[Data for processing]
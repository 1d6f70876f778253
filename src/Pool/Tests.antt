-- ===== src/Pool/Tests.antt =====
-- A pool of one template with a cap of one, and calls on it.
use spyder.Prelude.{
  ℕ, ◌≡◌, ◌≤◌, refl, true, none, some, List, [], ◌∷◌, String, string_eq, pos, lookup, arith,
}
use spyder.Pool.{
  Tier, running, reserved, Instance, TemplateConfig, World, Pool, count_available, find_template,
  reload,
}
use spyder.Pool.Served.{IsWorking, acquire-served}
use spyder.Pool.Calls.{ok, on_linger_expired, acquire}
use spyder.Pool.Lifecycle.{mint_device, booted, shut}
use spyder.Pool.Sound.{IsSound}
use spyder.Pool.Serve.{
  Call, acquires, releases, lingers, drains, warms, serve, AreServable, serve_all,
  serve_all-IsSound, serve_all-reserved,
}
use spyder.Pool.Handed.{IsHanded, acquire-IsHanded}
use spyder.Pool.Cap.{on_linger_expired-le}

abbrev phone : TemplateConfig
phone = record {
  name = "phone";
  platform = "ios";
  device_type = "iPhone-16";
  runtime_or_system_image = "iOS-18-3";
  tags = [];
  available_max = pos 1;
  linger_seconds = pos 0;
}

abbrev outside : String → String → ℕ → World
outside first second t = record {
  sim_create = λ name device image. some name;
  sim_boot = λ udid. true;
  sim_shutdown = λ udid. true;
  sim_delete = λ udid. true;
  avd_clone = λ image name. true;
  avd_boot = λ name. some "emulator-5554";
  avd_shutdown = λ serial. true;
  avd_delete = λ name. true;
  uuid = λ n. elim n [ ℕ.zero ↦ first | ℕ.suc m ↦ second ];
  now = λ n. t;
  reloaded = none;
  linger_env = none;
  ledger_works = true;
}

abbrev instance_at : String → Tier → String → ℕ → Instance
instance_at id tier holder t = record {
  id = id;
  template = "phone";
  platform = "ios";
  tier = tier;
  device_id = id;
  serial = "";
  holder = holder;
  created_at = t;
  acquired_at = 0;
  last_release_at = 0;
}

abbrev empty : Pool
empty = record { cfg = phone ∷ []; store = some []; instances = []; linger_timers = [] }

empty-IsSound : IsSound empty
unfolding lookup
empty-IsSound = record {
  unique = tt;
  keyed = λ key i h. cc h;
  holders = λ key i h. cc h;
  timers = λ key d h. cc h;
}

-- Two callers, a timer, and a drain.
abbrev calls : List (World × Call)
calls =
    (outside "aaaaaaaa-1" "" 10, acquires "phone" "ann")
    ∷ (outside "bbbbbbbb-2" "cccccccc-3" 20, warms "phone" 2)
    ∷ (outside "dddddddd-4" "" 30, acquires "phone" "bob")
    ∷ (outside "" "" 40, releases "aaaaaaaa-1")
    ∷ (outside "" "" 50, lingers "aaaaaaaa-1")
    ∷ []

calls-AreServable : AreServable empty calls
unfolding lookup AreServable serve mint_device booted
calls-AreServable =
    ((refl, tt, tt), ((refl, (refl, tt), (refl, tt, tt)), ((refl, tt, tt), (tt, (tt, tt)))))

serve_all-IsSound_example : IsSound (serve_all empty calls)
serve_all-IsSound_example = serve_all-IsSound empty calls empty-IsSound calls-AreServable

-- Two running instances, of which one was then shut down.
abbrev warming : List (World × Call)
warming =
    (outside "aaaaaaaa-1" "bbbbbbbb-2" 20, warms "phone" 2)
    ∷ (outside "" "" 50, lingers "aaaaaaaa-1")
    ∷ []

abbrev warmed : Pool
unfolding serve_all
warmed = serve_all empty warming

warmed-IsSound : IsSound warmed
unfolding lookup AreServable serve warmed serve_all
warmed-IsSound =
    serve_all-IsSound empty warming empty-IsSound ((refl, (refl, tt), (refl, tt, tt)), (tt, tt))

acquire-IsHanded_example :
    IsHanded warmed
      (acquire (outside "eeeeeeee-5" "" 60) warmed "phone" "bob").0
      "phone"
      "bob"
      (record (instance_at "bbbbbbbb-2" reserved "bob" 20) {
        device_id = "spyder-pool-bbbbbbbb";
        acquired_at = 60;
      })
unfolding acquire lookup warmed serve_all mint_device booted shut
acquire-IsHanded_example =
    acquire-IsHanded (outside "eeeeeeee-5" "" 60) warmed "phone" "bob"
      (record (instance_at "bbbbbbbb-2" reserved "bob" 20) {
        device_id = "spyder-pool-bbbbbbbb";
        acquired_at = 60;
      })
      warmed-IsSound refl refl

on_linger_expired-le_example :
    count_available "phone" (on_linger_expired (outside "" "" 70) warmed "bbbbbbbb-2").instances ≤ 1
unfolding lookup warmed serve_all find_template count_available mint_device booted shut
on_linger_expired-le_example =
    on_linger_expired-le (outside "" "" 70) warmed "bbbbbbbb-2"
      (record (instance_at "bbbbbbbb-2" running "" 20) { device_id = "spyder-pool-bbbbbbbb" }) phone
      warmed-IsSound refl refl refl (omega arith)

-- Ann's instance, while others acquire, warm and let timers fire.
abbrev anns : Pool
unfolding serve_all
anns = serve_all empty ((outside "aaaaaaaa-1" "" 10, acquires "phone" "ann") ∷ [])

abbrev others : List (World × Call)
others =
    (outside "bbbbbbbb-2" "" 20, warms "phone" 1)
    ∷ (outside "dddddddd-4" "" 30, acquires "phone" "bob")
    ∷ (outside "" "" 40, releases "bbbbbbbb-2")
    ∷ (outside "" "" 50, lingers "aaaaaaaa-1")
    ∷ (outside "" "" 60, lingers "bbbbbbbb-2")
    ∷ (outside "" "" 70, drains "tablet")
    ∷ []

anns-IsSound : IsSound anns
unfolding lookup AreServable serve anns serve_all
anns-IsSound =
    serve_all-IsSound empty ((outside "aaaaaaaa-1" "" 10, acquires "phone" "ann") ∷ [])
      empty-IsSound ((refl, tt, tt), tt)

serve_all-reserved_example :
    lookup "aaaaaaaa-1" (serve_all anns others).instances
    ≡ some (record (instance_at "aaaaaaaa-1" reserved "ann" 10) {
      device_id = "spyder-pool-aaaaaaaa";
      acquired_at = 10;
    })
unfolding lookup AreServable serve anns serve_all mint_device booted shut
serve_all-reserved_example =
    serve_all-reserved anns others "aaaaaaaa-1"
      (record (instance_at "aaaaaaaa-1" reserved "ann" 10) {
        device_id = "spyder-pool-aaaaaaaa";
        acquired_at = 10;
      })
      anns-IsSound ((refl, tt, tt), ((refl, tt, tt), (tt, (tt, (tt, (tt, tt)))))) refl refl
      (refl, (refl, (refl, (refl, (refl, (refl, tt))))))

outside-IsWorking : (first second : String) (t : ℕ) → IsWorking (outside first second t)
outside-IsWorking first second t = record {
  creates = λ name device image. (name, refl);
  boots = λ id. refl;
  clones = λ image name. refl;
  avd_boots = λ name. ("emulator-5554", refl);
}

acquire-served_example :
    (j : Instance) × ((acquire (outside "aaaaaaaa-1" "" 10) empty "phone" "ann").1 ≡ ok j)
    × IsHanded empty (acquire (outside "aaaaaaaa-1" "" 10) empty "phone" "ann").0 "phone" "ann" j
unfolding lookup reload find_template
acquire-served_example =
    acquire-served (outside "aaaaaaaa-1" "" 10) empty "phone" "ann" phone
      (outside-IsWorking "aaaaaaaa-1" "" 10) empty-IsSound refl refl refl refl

--

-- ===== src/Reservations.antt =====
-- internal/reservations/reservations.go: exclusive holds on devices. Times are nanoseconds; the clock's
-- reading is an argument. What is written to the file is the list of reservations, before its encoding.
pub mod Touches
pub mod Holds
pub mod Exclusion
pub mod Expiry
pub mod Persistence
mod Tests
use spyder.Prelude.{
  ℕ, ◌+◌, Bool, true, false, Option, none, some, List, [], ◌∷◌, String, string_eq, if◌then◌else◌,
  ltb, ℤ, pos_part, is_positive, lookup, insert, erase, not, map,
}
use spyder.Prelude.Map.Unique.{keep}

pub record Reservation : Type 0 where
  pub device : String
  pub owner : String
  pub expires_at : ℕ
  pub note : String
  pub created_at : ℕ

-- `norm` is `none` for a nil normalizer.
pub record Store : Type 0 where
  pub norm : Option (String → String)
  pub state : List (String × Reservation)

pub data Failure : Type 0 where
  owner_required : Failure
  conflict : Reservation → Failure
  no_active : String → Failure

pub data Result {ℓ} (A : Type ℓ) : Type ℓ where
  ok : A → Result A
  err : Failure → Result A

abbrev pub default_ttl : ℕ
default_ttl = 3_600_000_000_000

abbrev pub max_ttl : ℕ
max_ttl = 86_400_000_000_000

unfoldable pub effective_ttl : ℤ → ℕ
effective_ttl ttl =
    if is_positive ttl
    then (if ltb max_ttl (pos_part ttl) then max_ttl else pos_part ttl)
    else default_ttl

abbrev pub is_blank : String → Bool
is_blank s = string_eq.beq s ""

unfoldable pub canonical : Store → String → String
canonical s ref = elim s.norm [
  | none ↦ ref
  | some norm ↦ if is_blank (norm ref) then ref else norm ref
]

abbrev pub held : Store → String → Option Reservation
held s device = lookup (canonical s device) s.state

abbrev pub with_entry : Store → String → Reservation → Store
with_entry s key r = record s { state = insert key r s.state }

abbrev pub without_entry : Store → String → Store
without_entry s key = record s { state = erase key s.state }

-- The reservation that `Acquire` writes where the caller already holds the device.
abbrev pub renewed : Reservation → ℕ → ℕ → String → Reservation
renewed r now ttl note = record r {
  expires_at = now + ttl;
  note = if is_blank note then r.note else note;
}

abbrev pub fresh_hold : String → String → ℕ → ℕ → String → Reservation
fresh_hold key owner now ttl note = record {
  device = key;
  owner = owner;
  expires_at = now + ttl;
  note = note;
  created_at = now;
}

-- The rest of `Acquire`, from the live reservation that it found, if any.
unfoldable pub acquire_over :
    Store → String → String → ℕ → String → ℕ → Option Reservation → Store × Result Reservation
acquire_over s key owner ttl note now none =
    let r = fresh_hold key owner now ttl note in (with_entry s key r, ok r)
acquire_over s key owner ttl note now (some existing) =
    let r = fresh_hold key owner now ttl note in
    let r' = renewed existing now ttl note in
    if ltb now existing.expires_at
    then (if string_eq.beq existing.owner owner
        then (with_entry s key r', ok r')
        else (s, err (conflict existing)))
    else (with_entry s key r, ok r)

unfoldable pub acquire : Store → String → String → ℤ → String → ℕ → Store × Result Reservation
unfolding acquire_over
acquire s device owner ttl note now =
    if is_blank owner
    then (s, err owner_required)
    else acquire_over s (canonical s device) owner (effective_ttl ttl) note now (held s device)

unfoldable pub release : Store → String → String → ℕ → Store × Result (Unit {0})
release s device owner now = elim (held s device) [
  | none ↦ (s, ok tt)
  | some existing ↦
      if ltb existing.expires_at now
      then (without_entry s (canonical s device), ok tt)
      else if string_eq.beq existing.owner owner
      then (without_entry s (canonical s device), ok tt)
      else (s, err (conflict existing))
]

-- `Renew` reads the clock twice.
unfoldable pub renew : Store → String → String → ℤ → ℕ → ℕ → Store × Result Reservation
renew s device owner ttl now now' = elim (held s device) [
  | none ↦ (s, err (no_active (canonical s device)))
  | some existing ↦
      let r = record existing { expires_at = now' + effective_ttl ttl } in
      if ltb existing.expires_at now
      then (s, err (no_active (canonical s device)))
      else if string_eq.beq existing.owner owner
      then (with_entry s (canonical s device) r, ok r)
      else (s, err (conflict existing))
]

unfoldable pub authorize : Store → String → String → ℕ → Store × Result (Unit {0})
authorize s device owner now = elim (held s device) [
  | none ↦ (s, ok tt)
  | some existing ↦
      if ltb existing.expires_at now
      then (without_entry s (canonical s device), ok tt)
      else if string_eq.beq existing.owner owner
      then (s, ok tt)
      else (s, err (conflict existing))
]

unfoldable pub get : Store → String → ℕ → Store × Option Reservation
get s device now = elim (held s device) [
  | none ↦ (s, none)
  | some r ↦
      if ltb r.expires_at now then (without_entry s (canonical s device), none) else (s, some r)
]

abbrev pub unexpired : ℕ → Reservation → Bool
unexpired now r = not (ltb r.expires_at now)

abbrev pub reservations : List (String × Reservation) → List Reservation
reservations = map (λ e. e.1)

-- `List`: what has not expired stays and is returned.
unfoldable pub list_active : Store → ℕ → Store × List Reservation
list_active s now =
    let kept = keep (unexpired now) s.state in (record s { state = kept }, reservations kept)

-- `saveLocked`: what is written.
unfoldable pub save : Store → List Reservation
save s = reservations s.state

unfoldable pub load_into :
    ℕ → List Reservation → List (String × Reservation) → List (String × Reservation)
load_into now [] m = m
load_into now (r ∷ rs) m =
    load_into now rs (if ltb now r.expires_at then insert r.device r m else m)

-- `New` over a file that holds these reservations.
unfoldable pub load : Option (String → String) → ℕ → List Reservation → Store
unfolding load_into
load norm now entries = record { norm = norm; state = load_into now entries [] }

[Problem statement] What are the lines of the data above that include the string "arith"? Copy them.

[Response to the exercise]
  ℕ, ◌≡◌, ◌≤◌, refl, true, none, some, List, [], ◌∷◌, String, string_eq, pos, lookup, arith,
      warmed-IsSound refl refl refl (omega arith)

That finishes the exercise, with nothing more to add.